So its been ALMOST a month since I’ve written. I’m really not sure where to start tonight. There has been a lot that has happened but I feel like I’m not sure how to put it all in words. I am still looking for work, living at my aunt and uncles. I am in the process of finding a new place for my stuff because the people who are storing it now, are selling their house. I am thinking a storage unit because then I don’t have to worry about bothering people with it. So far I’ve only visited Wyatt once. I want to visit him more but I’ve been busy most weekends with church stuff, or just not in the mood. It is really hard seeing him. Sometimes its easier to just pretend that he’s just a dream. I’m not sure if dream is the right way of describing it or not. I know that makes me sound so heartless but my heart breaks to be back with him, whenever I think about him.
I have had a couple of interviews but nothing as come out of them yet. I really need a job so I can move on from here. I need to find a healthier, happier atmosphere. I really wish there was someone else I could live with, but there’s not. And I don’t have the money to move into my own place. Even just renting a room seems to be more then I can afford at this point.
I have gone to the beach since my last post. I went with my friend P. I had an awesome time and hopefully P did also. Took some really cool pictures, which is therapeutic for me.

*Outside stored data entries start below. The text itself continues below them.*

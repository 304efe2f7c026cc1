-- ===== src/System/Queues.antt =====
-- The calls of queues of sync.c keep the state of the whole kernel.
use just_rt.Common.{ℕ, ◌≢◌, ◌&&◌, ◌||◌, not, ltb, ◌==◌, ◌!=◌, if_intro, add32, arith}
use just_rt.Kernel.{Kernel}
use just_rt.Kernel.WaitKind
use just_rt.Wait.{Deadline, wake, wait_result}
use just_rt.Sync.{count_context_misuse}
use just_rt.Sync.Queue.{
  push_item, pop_item, wake_receiver, wake_sender, send_round, receive_round, send, send_resume,
  receive, receive_resume, count_accepted, send_from_isr,
}
use just_rt.System.State.{idle_index, Plain, PlainOutcome, Plain-refl, Plain-trans, others-Plain}
use just_rt.System.Waits.{counted-Plain, request_switch-Plain, wake-Plain, block_until_locked-Plain}

push_item-Plain : (k : Kernel) (q item reserved : ℕ) → Plain k (push_item k q item reserved)
unfolding push_item
push_item-Plain k q item reserved =
    others-Plain k k.switch_pending _ k.semaphores _ k.event_groups k.counters

pop_item-Plain : (k : Kernel) (q item reserved : ℕ) → Plain k (pop_item k q item reserved)
unfolding pop_item
pop_item-Plain k q item reserved =
    others-Plain k k.switch_pending _ k.semaphores _ k.event_groups k.counters

wake_receiver-Plain : (k : Kernel) (q : ℕ) → Plain k (wake_receiver k q)
unfolding wake_receiver
wake_receiver-Plain k q =
    let woken = (wake k q WaitKind.queue_receive).0 in
    if_intro (Plain k) ((wake k q WaitKind.queue_receive).1 != 0)
      (λ _. Plain-trans (wake-Plain k q WaitKind.queue_receive) (
        others-Plain woken woken.switch_pending woken.bytes woken.semaphores _ woken.event_groups
          woken.counters))
      (λ _. wake-Plain k q WaitKind.queue_receive)

wake_sender-Plain : (k : Kernel) (q : ℕ) → Plain k (wake_sender k q)
unfolding wake_sender
wake_sender-Plain k q =
    let woken = (wake k q WaitKind.queue_send).0 in
    if_intro (Plain k) ((wake k q WaitKind.queue_send).1 != 0)
      (λ _. Plain-trans (wake-Plain k q WaitKind.queue_send) (
        others-Plain woken woken.switch_pending woken.bytes woken.semaphores _ woken.event_groups
          woken.counters))
      (λ _. wake-Plain k q WaitKind.queue_send)

pub send_from_isr-Plain : (k : Kernel) (q item : ℕ) → Plain k (send_from_isr k q item).0
unfolding send_from_isr count_context_misuse count_accepted
send_from_isr-Plain k q item =
    let queue = k.queues q in
    let attempted = record k {
      counters = record k.counters {
        isr_queue_send_attempted = add32 k.counters.isr_queue_send_attempted 1;
      };
    } in
    let stored = push_item attempted q item 0 in
    let accepted = count_accepted stored (stored.queues q).count in
    if_intro (λ (o : Kernel × ℕ). Plain k o.0) (not k.in_isr) (λ _. counted-Plain k _)
      (λ _.
        if_intro (λ (o : Kernel × ℕ). Plain k o.0)
          ((queue.capacity != 0)
            && (queue.item_size != 0)
            && ltb (add32 queue.count queue.send_reservations) queue.capacity)
          (λ _.
            Plain-trans
              (Plain-trans (counted-Plain k attempted.counters)
                (Plain-trans (push_item-Plain attempted q item 0) (counted-Plain stored _)))
              (Plain-trans (wake_receiver-Plain accepted q)
                (request_switch-Plain (wake_receiver accepted q))))
          (λ _. counted-Plain k _))

-- The calls that can block the current task, which is not the idle task.
module _ (k : Kernel) (q item timeout : ℕ) (d : Deadline) (hi : k.current ≢ idle_index k)
    (hq : q ≢ 0) where
  send_round-Plain : (reserved : ℕ) → PlainOutcome k (send_round k q item timeout d reserved)
  unfolding send_round
  send_round-Plain reserved =
      let queue = k.queues q in
      if_intro (PlainOutcome k)
        ((queue.capacity != 0)
          && (queue.item_size != 0)
          && ((reserved != 0) || ltb (add32 queue.count queue.send_reservations) queue.capacity))
        (λ _.
          Plain-trans (push_item-Plain k q item reserved)
            (wake_receiver-Plain (push_item k q item reserved) q))
        (λ _.
          if_intro (PlainOutcome k) (timeout == 0) (λ _. Plain-refl k)
            (λ _.
              block_until_locked-Plain k q WaitKind.queue_send d hi hq (omega arith) (omega arith)))

  receive_round-Plain : (reserved : ℕ) → PlainOutcome k (receive_round k q item timeout d reserved)
  unfolding receive_round
  receive_round-Plain reserved =
      let queue = k.queues q in
      if_intro (PlainOutcome k)
        ((queue.item_size != 0) && ((reserved != 0) || ltb queue.receive_reservations queue.count))
        (λ _.
          Plain-trans (pop_item-Plain k q item reserved)
            (wake_sender-Plain (pop_item k q item reserved) q))
        (λ _.
          if_intro (PlainOutcome k) (timeout == 0) (λ _. Plain-refl k)
            (λ _.
              block_until_locked-Plain k q WaitKind.queue_receive d hi hq (omega arith)
                (omega arith)))

  pub send-Plain : PlainOutcome k (send k q item timeout d)
  unfolding send count_context_misuse
  send-Plain = if_intro (PlainOutcome k) k.in_isr (λ _. counted-Plain k _) (λ _. send_round-Plain 0)

  pub receive-Plain : PlainOutcome k (receive k q item timeout d)
  unfolding receive count_context_misuse
  receive-Plain =
      if_intro (PlainOutcome k) k.in_isr (λ _. counted-Plain k _) (λ _. receive_round-Plain 0)

  pub send_resume-Plain : PlainOutcome k (send_resume k q item timeout d)
  unfolding send_resume
  send_resume-Plain =
      if_intro (PlainOutcome k) (wait_result k == 0) (λ _. Plain-refl k) (λ _. send_round-Plain 1)

  pub receive_resume-Plain : PlainOutcome k (receive_resume k q item timeout d)
  unfolding receive_resume
  receive_resume-Plain =
      if_intro (PlainOutcome k) (wait_result k == 0) (λ _. Plain-refl k)
        (λ _. receive_round-Plain 1)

So early on in my blog, I mentioned my friend Dani who I had fallen in love with. We had worked together and the last couple of months before being fired, I had kind of distanced myself from her because she had started dating a guy we worked with. Anyways after being fired I didn’t see or talk to her much. I have seen her twice when going to the hospital to visit my friend N. So on Sunday we are planning on going to lunch and hanging out for awhile. I want to be friends with her and hang out but ever since seeing her the other day and then making plans for Sunday, I can’t get her out of my mind again. I’ve seen some movies where the guy is friends with a girl and falls in love but the girl doesn’t like him in that way. I know its just a movie but I’m sure it happens in real life. I mean obviously its happening to me, so it happens in real life. I feel its a little different in a straight situation because the guy can try to see if the girl likes him. When I’m around Dani, I feel like I have to completely keep a secret from her. As far as I know, she identifies as straight and my fear is that if I said anything, it would ruin our friendship. The other part is that she is young, and if she ever did sway away from being straight, she would need to figure it out herself, not with me pushing it on her. I hate feeling this way though because I think about her every waking moment. Its hard to get to sleep at night because she is right there on the forefront of my mind. It sucks though because you can’t stop these kind of feelings. I don’t even know how to begin to push them down. That wouldn’t be healthy anyway, but at least I would be able to stop thinking about her. I did stop for awhile because I didn’t see her every day at work anymore. Now talking about hanging out, brings it all back out again. I honestly don’t know how to begin to deal with these feelings. I’ve heard people in movies or read about them feeling this way in books. I never really knew it was actually possible until Dani. But its with someone I can’t even have mutual feelings about. My heart feels like it breaks every day. How do you be a friend with someone you are madly in love with, who doesn’t love you back? And why couldn’t I fall in love with someone who loved me back? It just doesn’t seem fair. And I know life isn’t fair, but come on!
Well that seems to be the most of what is going on here, besides dealing with depression and anxiety, and there isn’t really anything to say about that. Though that is probably why I haven’t written much lately.